DESCRIPTION OF THE TASK: The material below holds a span beginning at the line with "dispatch-IsValid v_port arg" and ending at the line with "(begin-IsValid files retr". Quote that span exactly, both ends included, and only that span.

SOURCE INFORMATION:
====
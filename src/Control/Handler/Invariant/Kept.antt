-- ===== src/Control/Handler/Invariant/Kept.antt =====
-- `handle` keeps the invariant of the session, whatever the command.
use hybrid_ftp_socket.Prelude.{ℕ, none, some, ◌≡◌, refl, [], ◌∷◌}
use hybrid_ftp_socket.Prelude.Text.{strip, upper}
use hybrid_ftp_socket.Prelude.Numerals.{Text, text_eq}
use hybrid_ftp_socket.Control.Parser.{FtpCommand}
use hybrid_ftp_socket.Control.Session.{Session, Given, retr, stor, stou, appe}
use hybrid_ftp_socket.Control.Files.{Files}
use hybrid_ftp_socket.Control.Handler.Login.{password, quit_cmd, noop_cmd}
use hybrid_ftp_socket.Control.Handler.Directories.{
  pwd_cmd, cwd, cdup_cmd, mkd, rmd, dele, rnfr, rnto,
}
use hybrid_ftp_socket.Control.Handler.Parameters.{type_cmd, mode_cmd}
use hybrid_ftp_socket.Control.Handler.Listings.{
  list_dir, nlst, size_cmd, mdtm_cmd, stat_cmd, hash_cmd, help_cmd,
}
use hybrid_ftp_socket.Control.Handler.Transfers.{cancel, named_transfer, stou_cmd, abor_cmd}
use hybrid_ftp_socket.Control.Handler.{
  Verb, v_user, v_pass, v_quit, v_noop, v_type, v_mode, v_pwd, v_cwd, v_cdup, v_mkd, v_rmd, v_dele,
  v_rnfr, v_rnto, v_list, v_nlst, v_size, v_mdtm, v_stat, v_port, v_pasv, v_retr, v_stor, v_stou,
  v_appe, v_abor, v_hash, v_help, v_other, verb_of, before, dispatch, handle,
}
use hybrid_ftp_socket.Control.Handler.Keeps.{
  logged_in_keeps, with_argument_keeps, no_argument_keeps, on_outcome_keeps,
  on_outcome_or_raise_keeps,
}
use hybrid_ftp_socket.Control.Handler.Invariant.{IsValid}
use hybrid_ftp_socket.Control.Handler.Invariant.Commands.{
  forgotten, renamed, moved, user-IsValid, password-IsValid, type_choice-IsValid,
  mode_choice-IsValid, port_cmd-IsValid, pasv_cmd-IsValid, rename_to-IsValid, begin-IsValid,
}

module _ (files : Files) (format_date : Text → Text) (given : Given) (s : Session)
    (disk : files.Disk) (counter : ℕ) (v : IsValid files s) where
  rnto-IsValid : (arg : Text) → IsValid files (rnto files arg s disk counter).session
  unfolding rnto
  rnto-IsValid [] =
      logged_in_keeps files (IsValid files) s disk counter _ v (λ l. forgotten files s v)
  rnto-IsValid (c ∷ arg) =
      logged_in_keeps files (IsValid files) s disk counter _ v
        (λ l. rename_to-IsValid files s.rename_from (c ∷ arg) s disk counter v)

  rnfr-IsValid : (arg : Text) → IsValid files (rnfr files arg s disk counter).session
  unfolding rnfr
  rnfr-IsValid [] = logged_in_keeps files (IsValid files) s disk counter _ v (λ l. v)
  rnfr-IsValid (c ∷ arg) = logged_in_keeps files (IsValid files) s disk counter _ v (λ l.
      on_outcome_keeps files (IsValid files) _ disk counter _ _ _ (forgotten files s v)
        (λ a e. renamed files s c arg l v))

  stat_cmd-IsValid : (arg : Text) → IsValid files (stat_cmd files arg s disk counter).session
  unfolding stat_cmd
  stat_cmd-IsValid [] = logged_in_keeps files (IsValid files) s disk counter _ v (λ l. v)
  stat_cmd-IsValid (c ∷ arg) =
      logged_in_keeps files (IsValid files) s disk counter _ v
        (λ l. on_outcome_or_raise_keeps files (IsValid files) s disk counter _ _ v (λ a. v))

  cancel-IsValid : IsValid files (cancel s)
  unfolding cancel
  cancel-IsValid = record {
    user = v.user;
    renaming = v.renaming;
    mode = v.mode;
    type = v.type;
    inside = v.inside;
    endpoint = v.endpoint;
  }

  dispatch-IsValid :
      (verb : Verb) (arg : Text)
      → (verb ≡ v_pass → s.rename_from ≡ none)
      → IsValid files (dispatch files format_date verb arg given s disk counter).session
  unfolding dispatch password quit_cmd noop_cmd pwd_cmd cwd cdup_cmd mkd rmd dele rnfr type_cmd
      mode_cmd list_dir nlst size_cmd mdtm_cmd hash_cmd help_cmd named_transfer stou_cmd abor_cmd
  dispatch-IsValid v_user arg r = user-IsValid files arg s disk counter v
  dispatch-IsValid v_pass arg r =
      password-IsValid files s.username arg s disk counter refl (r refl) v
  dispatch-IsValid v_quit arg r =
      no_argument_keeps files (IsValid files) arg s disk counter _ _ v (forgotten files s v)
  dispatch-IsValid v_noop arg r = no_argument_keeps files (IsValid files) arg s disk counter _ _ v v
  dispatch-IsValid v_type arg r = logged_in_keeps files (IsValid files) s disk counter _ v (λ l.
      with_argument_keeps files (IsValid files) arg s disk counter _ _ v (
        type_choice-IsValid files (text_eq (upper arg) (b'A' ∷ []))
          (text_eq (upper arg) (b'I' ∷ [])) s disk counter _ _ _ v))
  dispatch-IsValid v_mode arg r = logged_in_keeps files (IsValid files) s disk counter _ v (λ l.
      with_argument_keeps files (IsValid files) arg s disk counter _ _ v (
        mode_choice-IsValid files (text_eq (upper (strip arg)) (b'S' ∷ []))
          (text_eq (upper (strip arg)) (b'B' ∷ [])) (text_eq (upper (strip arg)) (b'C' ∷ [])) s disk
          counter _ _ _ _ v))
  dispatch-IsValid v_pwd arg r = no_argument_keeps files (IsValid files) arg s disk counter _ _ v (
      logged_in_keeps files (IsValid files) s disk counter _ v
        (λ l. on_outcome_or_raise_keeps files (IsValid files) s disk counter _ _ v (λ a. v)))
  dispatch-IsValid v_cwd arg r = logged_in_keeps files (IsValid files) s disk counter _ v (λ l.
      with_argument_keeps files (IsValid files) arg s disk counter _ _ v (
        on_outcome_keeps files (IsValid files) s disk counter _ _ _ v (λ path e.
          moved files s path (files.change_directory-IsInside disk s.current_dir arg path e) v)))
  dispatch-IsValid v_cdup arg r = no_argument_keeps files (IsValid files) arg s disk counter _ _ v (
      logged_in_keeps files (IsValid files) s disk counter _ v (λ l.
        on_outcome_keeps files (IsValid files) s disk counter _ _ _ v (λ path e.
          moved files s path (files.parent_directory-IsInside disk s.current_dir path e) v)))
  dispatch-IsValid v_mkd arg r = logged_in_keeps files (IsValid files) s disk counter _ v (λ l.
      with_argument_keeps files (IsValid files) arg s disk counter _ _ v
        (on_outcome_keeps files (IsValid files) s _ counter _ _ _ v (λ a e. v)))
  dispatch-IsValid v_rmd arg r = logged_in_keeps files (IsValid files) s disk counter _ v (λ l.
      with_argument_keeps files (IsValid files) arg s disk counter _ _ v
        (on_outcome_keeps files (IsValid files) s _ counter _ _ _ v (λ a e. v)))
  dispatch-IsValid v_dele arg r = logged_in_keeps files (IsValid files) s disk counter _ v (λ l.
      with_argument_keeps files (IsValid files) arg s disk counter _ _ v
        (on_outcome_keeps files (IsValid files) s _ counter _ _ _ v (λ a e. v)))
  dispatch-IsValid v_rnfr arg r = rnfr-IsValid arg
  dispatch-IsValid v_rnto arg r = rnto-IsValid arg
  dispatch-IsValid v_list arg r =
      logged_in_keeps files (IsValid files) s disk counter _ v
        (λ l. on_outcome_keeps files (IsValid files) s disk counter _ _ _ v (λ a e. v))
  dispatch-IsValid v_nlst arg r =
      logged_in_keeps files (IsValid files) s disk counter _ v
        (λ l. on_outcome_keeps files (IsValid files) s disk counter _ _ _ v (λ a e. v))
  dispatch-IsValid v_size arg r = logged_in_keeps files (IsValid files) s disk counter _ v (λ l.
      with_argument_keeps files (IsValid files) arg s disk counter _ _ v
        (on_outcome_keeps files (IsValid files) s disk counter _ _ _ v (λ a e. v)))
  dispatch-IsValid v_mdtm arg r = logged_in_keeps files (IsValid files) s disk counter _ v (λ l.
      with_argument_keeps files (IsValid files) arg s disk counter _ _ v
        (on_outcome_keeps files (IsValid files) s disk counter _ _ _ v (λ a e. v)))
  dispatch-IsValid v_stat arg r = stat_cmd-IsValid arg
  dispatch-IsValid v_port arg r = port_cmd-IsValid files arg given s disk counter v
  dispatch-IsValid v_pasv arg r = pasv_cmd-IsValid files arg given s disk counter v
  dispatch-IsValid v_retr arg r = logged_in_keeps files (IsValid files) s disk counter _ v (λ l.
      with_argument_keeps files (IsValid files) arg s disk counter _ _ v
        (begin-IsValid files retr (some arg) given s disk counter v))
  dispatch-IsValid v_stor arg r = logged_in_keeps files (IsValid files) s disk counter _ v (λ l.
      with_argument_keeps files (IsValid files) arg s disk counter _ _ v
        (begin-IsValid files stor (some arg) given s disk counter v))
  dispatch-IsValid v_stou arg r = logged_in_keeps files (IsValid files) s disk counter _ v (λ l.
      no_argument_keeps files (IsValid files) arg s disk counter _ _ v
        (begin-IsValid files stou none given s disk counter v))
  dispatch-IsValid v_appe arg r = logged_in_keeps files (IsValid files) s disk counter _ v (λ l.
      with_argument_keeps files (IsValid files) arg s disk counter _ _ v
        (begin-IsValid files appe (some arg) given s disk counter v))
  dispatch-IsValid v_abor arg r =
      no_argument_keeps files (IsValid files) arg s disk counter _ _ v
        (logged_in_keeps files (IsValid files) s disk counter _ v (λ l. cancel-IsValid))
  dispatch-IsValid v_hash arg r = logged_in_keeps files (IsValid files) s disk counter _ v (λ l.
      with_argument_keeps files (IsValid files) arg s disk counter _ _ v
        (on_outcome_keeps files (IsValid files) s disk counter _ _ _ v (λ a e. v)))
  dispatch-IsValid v_help arg r = v
  dispatch-IsValid v_other arg r = v

module _ (files : Files) (format_date : Text → Text) where
  before-IsValid : (verb : Verb) (s : Session) → IsValid files s → IsValid files (before verb s)
  unfolding before
  before-IsValid v_rnto s v = v
  before-IsValid _ s v = forgotten files s v

  before_pass : (verb : Verb) (s : Session) → verb ≡ v_pass → (before verb s).rename_from ≡ none
  unfolding before
  before_pass v_rnto s e = absurd cc
  before_pass _ s e = refl

  -- Every command, whatever it is answered, leaves a session that satisfies the invariant from one
  -- that does: its directory is one that the filesystem service has handed out, a name for RNTO
  -- belongs to a user who is logged in, and an active data connection leads to the address of the
  -- peer or to the server's own machine, unless the peer is local or has no known address.
  pub handle-IsValid :
      (command : FtpCommand) (given : Given) (s : Session) (disk : files.Disk) (counter : ℕ)
      → IsValid files s
      → IsValid files (handle files format_date command given s disk counter).session
  unfolding handle
  handle-IsValid command given s disk counter v =
      dispatch-IsValid files format_date given (before (verb_of command.name) s) disk counter
        (before-IsValid (verb_of command.name) s v) (verb_of command.name) command.argument
        (before_pass (verb_of command.name) s)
====
TASK RESPONSE:
  dispatch-IsValid v_port arg r = port_cmd-IsValid files arg given s disk counter v
  dispatch-IsValid v_pasv arg r = pasv_cmd-IsValid files arg given s disk counter v
  dispatch-IsValid v_retr arg r = logged_in_keeps files (IsValid files) s disk counter _ v (λ l.
      with_argument_keeps files (IsValid files) arg s disk counter _ _ v
        (begin-IsValid files retr (some arg) given s disk counter v))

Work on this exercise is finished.